The life process of synthesizing starch from methanol does not exist in nature. According to Wang, to realize the process artificially, the key is to create enzymes that don’t exist in nature.

The research team of the TIIB dug into and modified 62 enzymes from 31 different species, and selected the 10 most suitable ones to turn methanol into starch.
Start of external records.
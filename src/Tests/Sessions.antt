-- ===== src/Tests/Sessions.antt =====
-- The theorems of Transport/Flush, Server/Handshake and Poller/Backoff at concrete inputs.
use relayra.Prelude.{ℕ, ◌≡◌, true, some, List, [], ◌∷◌, arith}
use relayra.Models.{WsMessage, WsType}
use relayra.Redis.Actions.{Exec, calm, pure}
use relayra.Transport.Flush.{Writer, flush_outbox}
use relayra.Transport.Flush.Ordered.{Writes, flush_outbox-Writes}
use relayra.Poller.Backoff.{after_failures, after_failures-doubled}
use relayra.Server.{blank}
use relayra.Server.Handshake.{web_socket}
use relayra.Server.Handshake.Resumed.{Resumes, number_read, web_socket-Resumes}
use relayra.Server.Events.{rebuild_listener_ws_outbox}
use relayra.Tests.Relay.{cfg}
use relayra.Tests.Outbox.{two_messages}
use relayra.Tests.Memory.{Memory, memory, empty}
use relayra.Tests.Encodings.{codec}

-- two messages are in the outbox, and one of them was sent before
abbrev writer : Writer
writer = record { last_sent_seq = 1; written = [] }

abbrev rebuild : ℕ → Exec Memory (Unit {0})
rebuild = rebuild_listener_ws_outbox cfg "p1" 100 100000

flush_outbox-Writes_example :
    Writes "s"
      (λ msg. true)
      rebuild
      writer
      (flush_outbox "s" (λ msg. true) rebuild 3 writer (calm two_messages)).0
flush_outbox-Writes_example =
    flush_outbox-Writes "s" (λ msg. true) rebuild 3 writer (calm two_messages)

after_failures-doubled_example : after_failures 6 30 1 ≡ 30
after_failures-doubled_example = after_failures-doubled 6 1 30 (omega arith) (omega arith)

abbrev hello : WsMessage
hello = blank WsType.hello "p1" 100000

-- the second of them has no place in the order
abbrev numbered : List WsMessage
numbered =
    record (blank WsType.request_state "p1" 100000) { seq = 1 }
    ∷ record (blank WsType.request_state "p1" 100000) { seq = 3 }
    ∷ []

web_socket-Resumes_example :
    Resumes cfg "p1" 100 100000
      (pure tt)
      numbered
      (number_read cfg "p1" 100 100000 (pure tt) numbered (calm empty))
      (web_socket cfg "p1" 100 100000 (pure tt) (some hello) numbered (calm empty)).0
web_socket-Resumes_example =
    web_socket-Resumes cfg "p1" 100 100000 (pure tt) numbered (some hello) (calm empty)
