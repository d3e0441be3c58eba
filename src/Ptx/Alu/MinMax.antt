-- ===== src/Ptx/Alu/MinMax.antt =====
-- The lesser and the greater of two numbers.
use rouge_v.Base.{ℕ, ◌%◌, ◌^◌, ◌≡◌, Bool, true, false, if◌then◌else◌, arith, some, ◌⊎◌, ap}
use rouge_v.Base.Int.{signed, ◌≤ℤ◌}
use rouge_v.Ptx.Words.{width_mask}
use rouge_v.Ptx.Words.Shifts.{width_mask_lem}
use rouge_v.Ptx.Alu.{s32, less, min_max}

-- `min.s32` gives one of its operands, and no operand is less; `max.s32` the same the other way.
pub min_max_s32 :
    (is_min : Bool) (a b : ℕ)
    → (r : ℕ) × (min_max is_min s32 a b ≡ some r)
      × ((r ≡ a % 2 ^ 32) ⊎ (r ≡ b % 2 ^ 32))
      × (if is_min
          then (signed 32 r ≤ℤ signed 32 (a % 2 ^ 32)) × (signed 32 r ≤ℤ signed 32 (b % 2 ^ 32))
          else (signed 32 (a % 2 ^ 32) ≤ℤ signed 32 r) × (signed 32 (b % 2 ^ 32) ≤ℤ signed 32 r))
unfolding min_max
min_max_s32 true a b =
    let x = a % 2 ^ 32 in
    let y = b % 2 ^ 32 in
    let r = if less 32 true x y then x else y in
    let m : width_mask r 32 ≡ r = ground (arith, width_mask_lem r 32) in
    (r, ap some m, ground arith, (ground arith, ground arith))
min_max_s32 false a b =
    let x = a % 2 ^ 32 in
    let y = b % 2 ^ 32 in
    let r = if less 32 true y x then x else y in
    let m : width_mask r 32 ≡ r = ground (arith, width_mask_lem r 32) in
    (r, ap some m, ground arith, (ground arith, ground arith))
The pathway can synthesize not only digestible amylopectin, but also amylase, which is digested more slowly and doesn’t result in a rapid increase in blood glucose.

“After analyses and identification, the sample of the synthetic starch is the same as natural starch in terms of composition and physical and chemical properties,” said Cai Tao, an associate research fellow at the TIIB.

Based on the current technical parameters, the annual starch production of a bioreactor with the size of one cubic meter under sufficient energy supply is theoretically as much as that of about 0.3 hectares of cornfields in China, according to the research team.

Photo shows Tianjin Institute of Industrial Biotechnology, Chinese Academy of Sciences. (Photo/Courtesy of Tianjin Institute of Industrial Biotechnology)

The research result makes possible the transformation of starch production from the traditional agricultural mode to an industrial one, and offers a new technical route to synthesizing complex molecules with CO2 as a raw material, Ma said.

Experts estimated that if its cost can be reduced to a level that is comparable to the economic viability of starch production through agricultural means, the starch synthesis method will be likely to save more than 90 percent of farmland and fresh water resources, prevent the negative impacts of pesticides and chemical fertilizers on the environment, improve food security, and promote the development of biological economy that helps mankind achieve carbon neutrality.